Stored items
++++++++++

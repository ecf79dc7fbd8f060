-- ===== src/Fmu/Step/Copies.antt =====
-- The copies between variables and signals around a step of fmi2DoStep.
use dse_fmi.Common.{
  ℕ, ◌≡◌, ◌≢◌, refl, sym, ◌∙◌, ap, subst, false, List, [], ◌∷◌, All, Pairs, All-map, ◌==◌, if_elim,
  if◌then◌else◌, arith,
}
use dse_fmi.Fmu.Instance.{FmuInstanceData, MarshalItem, store}
use dse_fmi.Fmu.Binary.{TextApi, signals_reset}
use dse_fmi.Fmu.Step.{copies, enter_step, leave_step}

-- The items may be copied from `src` to `dst`: no target is another target or a source, and no
-- variable is NULL.
abbrev pub IsCopy : (MarshalItem → ℕ) → (MarshalItem → ℕ) → List MarshalItem → Type 0
IsCopy dst src items =
    Pairs (λ a b. (dst a ≢ dst b) × (dst a ≢ src b)) items × All (λ a. a.variable ≢ 0) items

pub nonzero : (n : ℕ) → n ≢ 0 → (n == 0) ≡ false
nonzero n h = ground (arith, h)

copies-cons :
    (dst src : MarshalItem → ℕ) (mi : MarshalItem) (items : List MarshalItem) (memory : ℕ → ℕ)
    → mi.variable ≢ 0
    → copies dst src (mi ∷ items) memory
      ≡ copies dst src items (store memory (dst mi) (memory (src mi)))
unfolding copies
copies-cons dst src mi items memory h =
    ap (λ b. if b then memory else copies dst src items (store memory (dst mi) (memory (src mi))))
      (nonzero mi.variable h)

store-ne : (memory : ℕ → ℕ) (p v q : ℕ) → p ≢ q → store memory p v q ≡ memory q
store-ne memory p v q h = ground (arith, h)

store_self : (memory : ℕ → ℕ) (p v : ℕ) → store memory p v p ≡ v
store_self memory p v = ground arith

-- A cell that is no target keeps its value.
copies_frame :
    (dst src : MarshalItem → ℕ) (items : List MarshalItem) (memory : ℕ → ℕ) (q : ℕ)
    → All (λ a. a.variable ≢ 0) items
    → All (λ a. dst a ≢ q) items
    → copies dst src items memory q ≡ memory q
copies_frame dst src [] memory q h n = unfold copies in refl
copies_frame dst src (mi ∷ items) memory q h n =
    ap (λ m. m q) (copies-cons dst src mi items memory h.0)
    ∙ copies_frame dst src items _ q h.1 n.1
    ∙ store-ne memory (dst mi) _ q n.0

-- Each target has the value of its source.
pub copies-values :
    (dst src : MarshalItem → ℕ) (items : List MarshalItem) (memory : ℕ → ℕ)
    → IsCopy dst src items
    → All (λ a. copies dst src items memory (dst a) ≡ memory (src a)) items
copies-values dst src [] memory h = tt
copies-values dst src (mi ∷ items) memory h =
    let next : ℕ → ℕ = store memory (dst mi) (memory (src mi)) in
    subst (λ m. All (λ a. m (dst a) ≡ memory (src a)) (mi ∷ items))
      (sym (copies-cons dst src mi items memory h.1.0))
      (
        copies_frame dst src items next (dst mi) h.1.1
              (All-map _ _ items (λ a n e. n.0 (sym e)) h.0.0)
            ∙ store_self memory (dst mi) _,
        All-map2 items h.0.0 (copies-values dst src items next (h.0.1, h.1.1)),
      )
  where
    All-map2 :
        (rest : List MarshalItem)
        → All (λ b. (dst mi ≢ dst b) × (dst mi ≢ src b)) rest
        → All
            (λ a.
              copies dst src items (store memory (dst mi) (memory (src mi))) (dst a)
              ≡ store memory (dst mi) (memory (src mi)) (src a))
            rest
        → All
            (λ a.
              copies dst src items (store memory (dst mi) (memory (src mi))) (dst a)
              ≡ memory (src a))
            rest
    All-map2 [] n e = tt
    All-map2 (b ∷ rest) n e =
        (e.0 ∙ store-ne memory (dst mi) _ (src b) n.0.1, All-map2 rest n.1 e.1)

-- The signals' memory and the table are not what the reset changes.
pub reset-memory :
    (api : TextApi) (fmu : FmuInstanceData) → (signals_reset api fmu).memory ≡ fmu.memory
unfolding signals_reset
reset-memory api fmu =
    if_elim (λ (g : FmuInstanceData). g.memory ≡ fmu.memory) fmu.signals_reset _ _ refl refl

pub reset-marshal_list :
    (api : TextApi) (fmu : FmuInstanceData)
    → (signals_reset api fmu).marshal_list ≡ fmu.marshal_list
unfolding signals_reset
reset-marshal_list api fmu =
    if_elim (λ (g : FmuInstanceData). g.marshal_list ≡ fmu.marshal_list) fmu.signals_reset _ _ refl
      refl

pub enter_step-values :
    (api : TextApi) (g : FmuInstanceData) (items : List MarshalItem)
    → g.marshal_list ≡ items
    → IsCopy (λ mi. mi.variable) (λ mi. mi.signal) items
    → All (λ mi. (enter_step api g).memory mi.variable ≡ g.memory mi.signal) items
unfolding enter_step
enter_step-values api g items e h =
    let direct : (ℕ → ℕ) → List MarshalItem → ℕ → ℕ =
      λ m is. copies (λ mi. mi.variable) (λ mi. mi.signal) is m in
    subst (λ (f : ℕ → ℕ). All (λ mi. f mi.variable ≡ g.memory mi.signal) items)
      (ap (λ is. direct g.memory is) (sym (reset-marshal_list api g ∙ e))
        ∙ ap (λ m. direct m (signals_reset api g).marshal_list) (sym (reset-memory api g)))
      (copies-values _ _ items g.memory h)

pub leave_step-values :
    (g : FmuInstanceData) (items : List MarshalItem)
    → g.marshal_list ≡ items
    → IsCopy (λ mi. mi.signal) (λ mi. mi.variable) items
    → All (λ mi. (leave_step g).memory mi.signal ≡ g.memory mi.variable) items
unfolding leave_step
leave_step-values g items e h =
    subst (λ (f : ℕ → ℕ). All (λ mi. f mi.signal ≡ g.memory mi.variable) items)
      (ap (λ is. copies (λ mi. mi.signal) (λ mi. mi.variable) is g.memory) (sym e))
      (copies-values _ _ items g.memory h)
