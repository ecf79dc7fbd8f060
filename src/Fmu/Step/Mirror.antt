-- ===== src/Fmu/Step/Mirror.antt =====
-- The variable table around a step: the model reads the signals in its variables, and what it leaves
-- in them is written to the signals.
use dse_fmi.Common.{
  ℕ, ◌+◌, ◌-◌, ◌≡◌, ◌≢◌, ◌↔◌, refl, sym, ◌∙◌, ap, subst, Bool, false, some, List, [], ◌∷◌, ◌++◌,
  map, foldl, take, All, Pairs, hashmap_get, append-nil, append_assoc, if◌then◌else◌, arith,
}
use dse_fmi.Fmu.Vref.{print_int}
use dse_fmi.Fmu.Instance.{FmuInstanceData, MarshalItem}
use dse_fmi.Fmu.Binary.{TextApi}
use dse_fmi.Fmu.Step.{
  ListApi, ModelStep, add_item, register_var, correct, register_var_table, enter_step, leave_step,
  do_step,
}
use dse_fmi.Fmu.Step.Copies.{
  IsCopy, nonzero, reset-marshal_list, enter_step-values, leave_step-values,
}

-- A registered variable: `cell` is where its signal is stored.
pub record Variable : Type 0 where
  pub vref : ℕ
  pub input : Bool
  pub offset : ℕ
  pub cell : ℕ

abbrev item : Variable → MarshalItem
item v = record { variable = v.offset; signal = v.cell }

-- The item of the variable in a table at the address.
abbrev pub bound : ℕ → Variable → MarshalItem
bound table v = record { variable = table + v.offset; signal = v.cell }

abbrev pub IsDistinct : ℕ → List Variable → Type 0
IsDistinct table vars =
    All (λ v. (v.cell ≢ 0) × (table + v.offset ≢ 0)) vars
    × Pairs
        (λ a b.
          (a.cell ≢ b.cell)
          × (a.offset ≢ b.offset)
          × (table + a.offset ≢ b.cell)
          × (a.cell ≢ table + b.offset))
        vars

correct-bound :
    (table : ℕ) (vars : List Variable)
    → All (λ v. (v.cell ≢ 0) × (table + v.offset ≢ 0)) vars
    → correct table (map item vars) ≡ map (bound table) vars
unfolding correct
correct-bound table [] h = refl
correct-bound table (v ∷ vars) h =
    rw (nonzero v.cell h.0.0)
      (ap (λ (items : List MarshalItem). bound table v ∷ items) (correct-bound table vars h.1))

map-All :
    {A B : Type 0} (f : A → B) (P : A → Type 0) (Q : B → Type 0) (xs : List A)
    → ((a : A) → P a → Q (f a))
    → All P xs
    → All Q (map f xs)
map-All f P Q [] k h = tt
map-All f P Q (x ∷ xs) k h = (k x h.0, map-All f P Q xs k h.1)

All-map_back :
    {A B : Type 0} (f : A → B) (Q : B → Type 0) (xs : List A)
    → All Q (map f xs)
    → All (λ a. Q (f a)) xs
All-map_back f Q [] h = tt
All-map_back f Q (x ∷ xs) h = (h.0, All-map_back f Q xs h.1)

item-IsCopy :
    (table : ℕ) (vars : List Variable)
    → IsDistinct table vars
    → IsCopy (λ mi. mi.variable) (λ mi. mi.signal) (map (bound table) vars)
      × IsCopy (λ mi. mi.signal) (λ mi. mi.variable) (map (bound table) vars)
item-IsCopy table [] h = ((tt, tt), (tt, tt))
item-IsCopy table (v ∷ vars) h =
    let (one, two) = item-IsCopy table vars (h.0.1, h.1.1) in
    (
      (
        (map-All (bound table) _ _ vars (λ w n. (λ e. n.1 (omega (arith, e)), n.2)) h.1.0, one.0),
        (h.0.0.1, one.1),
      ),
      ((map-All (bound table) _ _ vars (λ w n. (n.0, n.3)) h.1.0, two.0), (h.0.0.1, two.1)),
    )

append_items : FmuInstanceData → List MarshalItem → FmuInstanceData
append_items fmu items = record fmu { var_list = fmu.var_list ++ items }

module _ (l : ListApi) where
  abbrev pub IsRegistered : FmuInstanceData → Variable → Type 0
  IsRegistered fmu v =
      hashmap_get (if v.input then fmu.scalar_input else fmu.scalar_output)
        (take (l.hashlist_key_len - 1) (print_int v.vref))
      ≡ some v.cell

  abbrev pub register_all : FmuInstanceData → List Variable → FmuInstanceData
  register_all = foldl (λ g v. register_var l g v.vref v.input v.offset)

  register_var-item :
      (fmu : FmuInstanceData) (v : Variable)
      → IsRegistered fmu v
      → register_var l fmu v.vref v.input v.offset ≡ append_items fmu (item v ∷ [])
  unfolding register_var append_items
  register_var-item fmu v e = ap (add_item l fmu v.offset) e

  register_all-items :
      (vars : List Variable) (fmu : FmuInstanceData)
      → All (IsRegistered fmu) vars
      → register_all fmu vars ≡ append_items fmu (map item vars)
  unfolding append_items
  register_all-items [] fmu h =
      ap (λ items. record fmu { var_list = items }) (sym (append-nil fmu.var_list))
  register_all-items (v ∷ vars) fmu h =
      ap (λ g. register_all g vars) (register_var-item fmu v h.0)
      ∙ register_all-items vars (append_items fmu (item v ∷ [])) h.1
      ∙ ap (λ items. record fmu { var_list = items })
          (append_assoc fmu.var_list (item v ∷ []) (map item vars))

  ready_list :
      (fmu : FmuInstanceData) (vars : List Variable) (table : ℕ)
      → fmu.var_list ≡ []
      → All (IsRegistered fmu) vars
      → All (λ v. (v.cell ≢ 0) × (table + v.offset ≢ 0)) vars
      → (register_var_table l (register_all fmu vars) table).marshal_list ≡ map (bound table) vars
  unfolding register_var_table append_items
  ready_list fmu vars table e h n =
      ap (correct table) (
        l.ntl_eq _
        ∙ ap (λ g. g.var_list) (register_all-items vars fmu h)
        ∙ ap (λ items. items ++ map item vars) e)
      ∙ correct-bound table vars n

  ready_memory :
      (fmu : FmuInstanceData) (vars : List Variable) (table : ℕ)
      → All (IsRegistered fmu) vars
      → (register_var_table l (register_all fmu vars) table).memory ≡ fmu.memory
  unfolding register_var_table append_items
  ready_memory fmu vars table h = ap (λ g. g.memory) (register_all-items vars fmu h)

  module _ (api : TextApi) where
    -- The variables of an FMU are registered, each under a value reference whose signal is stored
    -- in a cell of its own, and then their table, none of whose doubles is such a cell. When
    -- fmi2DoStep calls the model, each variable in the table has the value of its signal; after
    -- the step, if the model left the list of registered variables alone, each signal has the value
    -- that the model left in its variable; the binary signals count as not reset; and the status is
    -- fmi2OK exactly if the model returned 0.
    pub do_step-mirrors :
        (fmu : FmuInstanceData) (vars : List Variable) (table : ℕ) (model : ModelStep)
        (time step_size : ℕ)
        → fmu.var_list ≡ []
        → All (IsRegistered fmu) vars
        → IsDistinct table vars
        → ((g : FmuInstanceData) → (model g time step_size).0.marshal_list ≡ g.marshal_list)
        → let ready = register_var_table l (register_all fmu vars) table in
          let entered = enter_step api ready in
          let left = (model entered time step_size).0 in
          let (after, status) = do_step api model ready time step_size in
          All (λ v. entered.memory (table + v.offset) ≡ fmu.memory v.cell) vars
          × All (λ v. after.memory v.cell ≡ left.memory (table + v.offset)) vars
          × (after.signals_reset ≡ false)
          × ((status ≡ 0) ↔ ((model entered time step_size).1 ≡ 0))
    unfolding do_step enter_step leave_step
    do_step-mirrors fmu vars table model time step_size e h d k =
        let ready : FmuInstanceData = register_var_table l (register_all fmu vars) table in
        let entered : FmuInstanceData = enter_step api ready in
        let left : FmuInstanceData = (model entered time step_size).0 in
        let list : ready.marshal_list ≡ map (bound table) vars =
          ready_list fmu vars table e h d.0 in
        let (into, out) = item-IsCopy table vars d in
        let kept : left.marshal_list ≡ map (bound table) vars =
          k entered ∙ reset-marshal_list api ready ∙ list in
        (
          subst (λ m. All (λ v. entered.memory (table + v.offset) ≡ m v.cell) vars)
              (ready_memory fmu vars table h)
              (All-map_back (bound table) _ vars
                (enter_step-values api ready (map (bound table) vars) list into)),
          All-map_back (bound table) _ vars
              (leave_step-values left (map (bound table) vars) kept out),
          refl,
          ground arith,
        )
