-- ===== src/Fmu/Fmi3/Steps.antt =====
-- fmi3DoStep: the variable table mirrors the signals, as for FMI 2.
use dse_fmi.Common.{ℕ, ◌+◌, ◌≡◌, ◌↔◌, false, List, [], All}
use dse_fmi.Fmu.Instance.{FmuInstanceData}
use dse_fmi.Fmu.Binary.{TextApi}
use dse_fmi.Fmu.Step.{ListApi, ModelStep, register_var_table, enter_step, leave_step, do_step}
use dse_fmi.Fmu.Step.Mirror.{Variable, IsRegistered, IsDistinct, register_all, do_step-mirrors}
use dse_fmi.Fmu.Fmi3.{fmi3_do_step}

module _ (l : ListApi) (api : TextApi) where
  -- The variables of an FMU are registered, each under a value reference whose signal is stored in a
  -- cell of its own, and then their table, none of whose doubles is such a cell. When fmi3DoStep
  -- calls the model, each variable in the table has the value of its signal; after the step, if the
  -- model left the list of registered variables alone, each signal has the value that the model left
  -- in its variable; the binary signals count as not reset; and the status is fmi3OK exactly if the
  -- model returned 0.
  pub fmi3_do_step-mirrors :
      (fmu : FmuInstanceData) (vars : List Variable) (table : ℕ) (model : ModelStep)
      (time step_size : ℕ)
      → fmu.var_list ≡ []
      → All (IsRegistered l fmu) vars
      → IsDistinct table vars
      → ((g : FmuInstanceData) → (model g time step_size).0.marshal_list ≡ g.marshal_list)
      → let ready = register_var_table l (register_all l fmu vars) table in
        let entered = enter_step api ready in
        let left = (model entered time step_size).0 in
        let (after, status) = fmi3_do_step api model ready time step_size in
        All (λ v. entered.memory (table + v.offset) ≡ fmu.memory v.cell) vars
        × All (λ v. after.memory v.cell ≡ left.memory (table + v.offset)) vars
        × (after.signals_reset ≡ false)
        × ((status ≡ 0) ↔ ((model entered time step_size).1 ≡ 0))
  unfolding fmi3_do_step do_step enter_step leave_step
  fmi3_do_step-mirrors fmu vars table model time step_size e h d k =
      do_step-mirrors l api fmu vars table model time step_size e h d k
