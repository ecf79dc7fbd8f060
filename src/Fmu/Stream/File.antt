-- ===== src/Fmu/Stream/File.antt =====
-- A file: a sequence of bytes and a position in it, without buffers and lengths.
use Prim.Native.Nat.{min}
use dse_fmi.Common.{
  ℕ, ◌+◌, true, false, Option, none, some, List, [], ◌∷◌, ◌++◌, length, take, drop, Bytes, ltb,
  if◌then◌else◌,
}
use dse_fmi.Fmu.Stream.{content, Stream, SeekOp, Out, StreamOp}

pub record File : Type 0 where
  pub bytes : Bytes
  pub at : ℕ

-- The file that a stream stands for.
abbrev pub file_of : Stream → File
file_of s = record { bytes = content s.signal; at = s.pos }

abbrev pub file : Option Stream → Option File
file none = none
file (some s) = some (file_of s)

unfoldable pub file_seek : ℕ → SeekOp → File → Out × File
file_seek p SeekOp.seek_set f =
    let q = min p (length f.bytes) in (Out.number q, record f { at = q })
file_seek p SeekOp.seek_cur f =
    let q = min (f.at + p) (length f.bytes) in (Out.number q, record f { at = q })
file_seek p SeekOp.seek_end f = (Out.number (length f.bytes), record f { at = length f.bytes })
file_seek p SeekOp.seek_reset f = (Out.number 0, record { bytes = []; at = 0 })
file_seek p SeekOp.seek_other f = (Out.einval, f)

-- A read takes what lies behind the position; a write replaces it.
unfoldable pub file_op : StreamOp → Option File → Out × Option File
unfolding file_seek
file_op (StreamOp.read b u) none = (Out.enostr, none)
file_op (StreamOp.write d) none = (Out.enostr, none)
file_op (StreamOp.seek p op) none = (Out.enostr, none)
file_op StreamOp.tell none = (Out.enostr, none)
file_op StreamOp.eof none = (Out.number 1, none)
file_op StreamOp.close f = (Out.number 0, none)
file_op (StreamOp.read false u) (some f) = (Out.einval, some f)
file_op (StreamOp.read true u) (some f) =
    (Out.slice (drop f.at f.bytes), some (if u then record f { at = length f.bytes } else f))
file_op (StreamOp.write d) (some f) =
    let bytes = take f.at f.bytes ++ d in
    (Out.number (length d), some (record { bytes = bytes; at = length bytes }))
file_op (StreamOp.seek p op) (some f) = let (o, g) = file_seek p op f in (o, some g)
file_op StreamOp.tell (some f) = (Out.number f.at, some f)
file_op StreamOp.eof (some f) = (Out.number (if ltb f.at (length f.bytes) then 0 else 1), some f)

unfoldable pub file_run : List StreamOp → Option File → List Out × Option File
unfolding file_op
file_run [] f = ([], f)
file_run (op ∷ ops) f = let (o, g) = file_op op f in let (os, h) = file_run ops g in (o ∷ os, h)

++++++++++

Your answer should be a single number: the count of lines above that contain the word "input".

## Response to this task
4